It is important to realize that this paper has focused on SEDGES forced offline, i.e., not fully integrated into a climate or Earth system model. While a stand-alone evaluation against present-day observations or in comparison with other models is not sufficient to make firm statements on how SEDGES would perform in a coupled mode, it is beyond the scope of this paper to evaluate SEDGES within a coupled climate or Earth system model. Nevertheless, the performance of SEDGES in a coupled system will need careful evaluation. First results with the coupled PlaSim-SEDGES model are discussed in Paiewonsky (2017). In general, it is to be expected that coupling may exacerbate or reduce biases present in the offline mode of SEDGES that has been evaluated in this paper. For example, the aforementioned ET biases that SEDGES has (Sect. 5.6) are likely to be diminished through a long-known negative feedback (e.g., Sato et al., 1989): excessive ET moistens and stabilizes the boundary layer which reduces the specific humidity difference between the surface and the lower atmosphere (lowers the Δq and increases the r_a in Eq. 7), thus reducing ET and thus feeding back negatively onto the original positive ET bias. On the other hand, there are two notable positive feedbacks that may occur in coupled mode. First, the positive snow-free surface albedo bias in the high Arctic in SEDGES (e.g., see July in Fig. 4) may feed back positively in these regions and worsen the initial bias by cooling the surface, thus reducing productivity, thus reducing soil organic carbon, and thus increasing the surface albedo. Second, through another albedo mechanism in boreal spring (the forest–tundra snow albedo feedback, e.g., Bonan et al., 1992; Foley et al., 1994), the high albedo bias in northern Siberia'a forest–tundra woodland zones would be expected to lead to additional cooling in this region, thus further reducing productivity, thus decreasing biomass, and thus increasing the snow-covered surface albedo, resulting in an exacerbation of the initial positive albedo bias in this region.

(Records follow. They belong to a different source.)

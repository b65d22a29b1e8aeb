-- ===== src/Storage/Index.antt =====
-- src/storage/index.rs
pub mod Lookup
pub mod Fresh
pub mod Found
pub mod Coerced
use dirbase.Prelude.{
  ℕ, zero, suc, ◌+◌, String, Bool, true, false, ◌||◌, Option, none, some, List, [], ◌∷◌, str_eq,
  if◌then◌else◌, is_some_and, unwrap_or, and_then,
}
use dirbase.Prelude.Int.{ℤ, pos, leb_ℤ, wrapping_suc}
use dirbase.BTreeMap
use dirbase.BTreeMap.{BTreeMap}
use dirbase.Json.{Json, as_array, as_object}
use dirbase.Runtime.{Runtime, Value, as_i64}
use dirbase.Text.Decimal.{show_bool, parse_i64}
use dirbase.Schema.Types.{ColumnType, ColumnSchema, TableSchema, primary_key_name, column_type_eq}

-- The parts of the loops that look at no item.
abbrev after_one : Option ℕ → Option ℕ
after_one none = none
after_one (some n) = some (suc n)

then_some : BTreeMap ℕ × Bool → Option (BTreeMap ℕ)
then_some (index, has_any_id) = if has_any_id then some index else none

larger : Option ℤ → Option ℤ → Option ℤ
larger none m = m
larger (some a) none = some a
larger (some a) (some b) = if leb_ℤ a b then some b else some a

after_max : Option ℤ → ℤ
after_max none = pos 1
after_max (some max) = wrapping_suc max

module _ ⦃rt : Runtime⦄ where
  -- The value under a key, of an item that is an object.
  abbrev pub value_at : String → Value → Option Value
  value_at key_name item = and_then (as_object item) (λ object. BTreeMap.get object key_name)

  id_value_matches : String → Value → Bool
  id_value_matches expected (Json.number n) = str_eq (rt.number_text n) expected
  id_value_matches expected (Json.string s) = str_eq s expected
  id_value_matches expected (Json.bool b) = str_eq (show_bool b) expected
  id_value_matches expected _ = false

  unfoldable pub id_matches : Value → String → String → Bool
  unfolding id_value_matches
  id_matches item key_name expected =
      is_some_and (value_at key_name item) (id_value_matches expected)

  unfoldable pub find_item_by_key : List Value → String → String → Option Value
  find_item_by_key [] key_name id = none
  find_item_by_key (item ∷ items) key_name id =
      if id_matches item key_name id then some item else find_item_by_key items key_name id

  unfoldable pub find_item_index_by_key : List Value → String → String → Option ℕ
  find_item_index_by_key [] key_name id = none
  find_item_index_by_key (item ∷ items) key_name id =
      if id_matches item key_name id
      then some 0
      else after_one (find_item_index_by_key items key_name id)

  insert_id : BTreeMap ℕ → ℕ → Option Value → BTreeMap ℕ
  insert_id index position none = index
  insert_id index position (some (Json.number n)) =
      BTreeMap.insert index (rt.number_text n) position
  insert_id index position (some (Json.string text)) = BTreeMap.insert index text position
  insert_id index position (some (Json.bool b)) = BTreeMap.insert index (show_bool b) position
  insert_id index position (some other) = index

  is_supported_id : Option Value → Bool
  is_supported_id (some (Json.number n)) = true
  is_supported_id (some (Json.string text)) = true
  is_supported_id (some (Json.bool b)) = true
  is_supported_id _ = false

  -- The loop over the items, from a position on: the index, and whether any id was seen.
  index_items : List Value → String → ℕ → BTreeMap ℕ → Bool → BTreeMap ℕ × Bool
  index_items [] key_name position index has_any_id = (index, has_any_id)
  index_items (item ∷ items) key_name position index has_any_id =
      index_items items key_name (suc position) (insert_id index position (value_at key_name item))
        (has_any_id || is_supported_id (value_at key_name item))

  unfoldable pub build_id_index : Value → Option TableSchema → Option (BTreeMap ℕ)
  unfolding index_items insert_id is_supported_id then_some
  build_id_index value table =
      and_then (as_array value)
        (λ items. then_some (index_items items (primary_key_name table) 0 [] false))

  -- `Iterator::max` of the ids that are an `i64`.
  max_id : List Value → String → Option ℤ
  unfolding larger
  max_id [] key_name = none
  max_id (item ∷ items) key_name =
      larger (and_then (value_at key_name item) as_i64) (max_id items key_name)

  unfoldable pub next_numeric_id : List Value → String → ℤ
  unfolding max_id after_max
  next_numeric_id items key_name = after_max (max_id items key_name)

  unfoldable pub is_string_column : Option ColumnSchema → Bool
  is_string_column none = false
  is_string_column (some column) = column_type_eq column.column_type ColumnType.string

  number_or_text : String → Option ℤ → Value
  number_or_text id (some z) = Json.number (rt.number_of_i64 z)
  number_or_text id none = Json.string id

  -- The column of the primary key, if the table has metadata for it.
  abbrev pub key_column : Option TableSchema → Option ColumnSchema
  key_column table = and_then table (λ t. BTreeMap.get t.columns (primary_key_name table))

  unfoldable pub coerce_id_value : String → Option TableSchema → Value
  unfolding is_string_column number_or_text
  coerce_id_value id table =
      if is_string_column (key_column table)
      then Json.string id
      else number_or_text id (parse_i64 id)
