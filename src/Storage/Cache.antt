-- ===== src/Storage/Cache.antt =====
-- src/storage/cache.rs and `CachedResource` of src/app.rs: one immutable snapshot of a resource.
pub mod Updates
use dirbase.Prelude.{ℕ, String, Option, none}
use dirbase.BTreeMap.{BTreeMap}
use dirbase.Runtime.{Runtime, Value}
use dirbase.Schema.Types.{TableSchema, primary_key_name}
use dirbase.Storage.Index.{build_id_index}

module _ ⦃rt : Runtime⦄ where
  -- `Arc<Value>`: the allocation, which `Arc::ptr_eq` compares, and the value that stands there.
  pub record Shared : Type 0 where
    pub address : ℕ
    pub content : Value

  pub record CachedResource : Type 0 where
    pub value : Shared
    pub id_index : Option (BTreeMap ℕ)
    pub primary_key : String
    pub validation_revision : Option ℕ

  unfoldable pub cached_resource_from_value_at_revision :
      Shared → Option TableSchema → Option ℕ → CachedResource
  cached_resource_from_value_at_revision value table validation_revision = record {
    value = value;
    id_index = build_id_index value.content table;
    primary_key = primary_key_name table;
    validation_revision = validation_revision;
  }

  abbrev pub cached_resource_from_value : Shared → Option TableSchema → CachedResource
  cached_resource_from_value value table = cached_resource_from_value_at_revision value table none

For its level of complexity, SEDGES and the land surface framework which it presupposes have the advantages of a flexible time step, canopy control over transpiration, transpiration that is fully coupled to photosynthesis, and vegetative productivity that depends on light and not just temperature and moisture. The short time step option permits SEDGES to be incorporated into models that resolve the diurnal cycle. Because of these strengths, we expect SEDGES to have advantages over vegetation models of similar complexity in simulating vegetation, primary productivity, and transpiration in past geological warm periods in regions that receive little sunlight (e.g., the Eocene Arctic; Maxbauer et al., 2014, and references within) and in simulating cloud–vegetation feedbacks in all eras. The SEDGES framework uses photosynthetic-driven stomatal control over evapotranspiration, which is critical when studying hydrological changes on land under altered atmospheric CO₂ concentrations, including anthropogenically induced warming scenarios (Betts et al., 2007).

The SEDGES framework has the advantages of being easier to understand, process-wise, than more complex vegetation and hydrological schemes. Increased vegetation model complexity can obfuscate model behavior, and it need not improve performance. In an inter-model comparison of the performance of 24 vegetation models at 39 eddy covariance flux tower sites, Schaefer et al. (2012) finds insignificant effects of nitrogen cycle inclusion and of having a light use efficiency or enzyme kinetic approach to productivity on a model's capacity to simulate GPP. Moreover, even when present-day biome distributions are well-simulated by complex vegetation models, model behaviors can diverge drastically from each other under non-present conditions due to differing physiological assumptions (e.g., climatic limitations within plant functional types) that are not well-grounded and that may very well change under novel climatic, atmospheric CO₂, and nutrient conditions (Fisher et al., 2015).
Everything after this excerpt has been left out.